═════ RECORDS PROVIDED
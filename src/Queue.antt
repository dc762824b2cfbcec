-- ===== src/Queue.antt =====
-- What the ring promises: a FIFO of at most `limit` elements, oldest first.
use shm_spsc.Base.{
  ℕ, ◌-◌, min, Bool, true, false, Option, none, some, List, [], ◌∷◌, ◌++◌, ◌==◌, if◌then◌else◌,
  length, take, drop,
}

module _ {ℓ} {A : Type ℓ} where
  abbrev pub first : List A → Option A
  first [] = none
  first (x ∷ q) = some x

  unfoldable pub pop : List A → Bool × Option A × List A
  pop [] = (false, none, [])
  pop (x ∷ q) = (true, some x, q)

  unfoldable pub pop_n : ℕ → List A → ℕ × List A × List A
  pop_n n q = (min n (length q), take n q, drop n q)

module _ {ℓ} {A : Type ℓ} (limit : ℕ) where
  unfoldable pub push : A → List A → Bool × List A
  push x q = if length q == limit then (false, q) else (true, q ++ x ∷ [])

  -- As many of the first `n` elements of `src` as there is room for.
  unfoldable pub push_n : List A → ℕ → List A → ℕ × List A
  push_n src n q = let count = min n (limit - length q) in (count, q ++ take count src)
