-- ===== src/Calls.antt =====
-- One producing and one consuming handle on one segment, and their calls in any order. Each call
-- runs whole here; `Spsc` interleaves the accesses inside them.
pub mod Refine
pub mod Effects
use shm_spsc.Base.{
  ℕ, ◌-◌, Bool, true, false, Option, none, some, List, [], ◌∷◌, length, get_elem?, ◌==◌,
}
use shm_spsc.Queue
use shm_spsc.Ring.{Handle, Shared, try_push, push_n, front, try_pop, pop_n, size, empty, pointee}

pub record Link {ℓ} (A : Type ℓ) : Type ℓ where
  pub producer : Handle
  pub consumer : Handle
  pub shared : Shared A

pub data Call {ℓ} (A : Type ℓ) : Type ℓ where
  put : A → Call A
  put_all : List A → Call A
  peek : Call A
  get : Call A
  get_n : ℕ → Call A
  measure : Call A
  test : Call A

-- What a caller sees: the result, and what is written through its pointers or read through `front`.
pub data Reply {ℓ} (A : Type ℓ) : Type ℓ where
  pushed : Bool → Reply A
  moved : ℕ → Reply A
  seen : Option A → Reply A
  popped : Bool → Option A → Reply A
  taken : ℕ → List A → Reply A
  sized : ℕ → Reply A
  found_empty : Bool → Reply A

module _ {ℓ} {A : Type ℓ} where
  -- The calls of the benchmarks, on the handle that makes them.
  unfoldable pub push_one : A → Link A → Bool × Link A
  push_one x l =
      let (b, h, s) = try_push x l.producer l.shared in (b, record l { producer = h; shared = s })

  unfoldable pub push_all : List A → (n : ℕ) → Link A → ℕ × Link A
  push_all src n l =
      let (k, h, s) = push_n src n l.producer l.shared in (k, record l { producer = h; shared = s })

  unfoldable pub pop_one : Link A → Bool × Option A × Link A
  pop_one l =
      let (b, out, h, s) = try_pop l.consumer l.shared in
      (b, out, record l { consumer = h; shared = s })

  unfoldable pub pop_all : (n : ℕ) → Link A → ℕ × List A × Link A
  pop_all n l =
      let (k, out, h, s) = pop_n n l.consumer l.shared in
      (k, out, record l { consumer = h; shared = s })

  unfoldable pub step : Link A → Call A → Reply A × Link A
  step l (put x) =
      let (b, h, s) = try_push x l.producer l.shared in
      (pushed b, record l { producer = h; shared = s })
  step l (put_all xs) =
      let (n, h, s) = push_n xs (length xs) l.producer l.shared in
      (moved n, record l { producer = h; shared = s })
  step l peek =
      let (p, h) = front l.consumer l.shared in
      (seen (pointee p l.shared), record l { consumer = h })
  step l get =
      let (b, out, h, s) = try_pop l.consumer l.shared in
      (popped b out, record l { consumer = h; shared = s })
  step l (get_n n) =
      let (k, out, h, s) = pop_n n l.consumer l.shared in
      (taken k out, record l { consumer = h; shared = s })
  step l measure = (sized (size l.producer l.shared), l)
  step l test = (found_empty (empty l.shared), l)

  unfoldable pub run : Link A → List (Call A) → List (Reply A)
  run l [] = []
  run l (c ∷ cs) = let (reply, l') = step l c in reply ∷ run l' cs

module _ {ℓ} {A : Type ℓ} (limit : ℕ) where
  -- The same calls on the bounded queue.
  unfoldable pub queue_step : List A → Call A → Reply A × List A
  queue_step q (put x) = let (b, q') = Queue.push limit x q in (pushed b, q')
  queue_step q (put_all xs) = let (n, q') = Queue.push_n limit xs (length xs) q in (moved n, q')
  queue_step q peek = (seen (Queue.first q), q)
  queue_step q get = let (b, out, q') = Queue.pop q in (popped b out, q')
  queue_step q (get_n n) = let (k, out, q') = Queue.pop_n n q in (taken k out, q')
  queue_step q measure = (sized (length q), q)
  queue_step q test = (found_empty (length q == 0), q)

  unfoldable pub queue_run : List A → List (Call A) → List (Reply A)
  queue_run q [] = []
  queue_run q (c ∷ cs) = let (reply, q') = queue_step q c in reply ∷ queue_run q' cs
══════════
### TASK PROMPT
Where the string "measure" occurs in a line of the listing, copy the line.

### TASK RESPONSE
  measure : Call A
  step l measure = (sized (size l.producer l.shared), l)
  queue_step q measure = (sized (length q), q)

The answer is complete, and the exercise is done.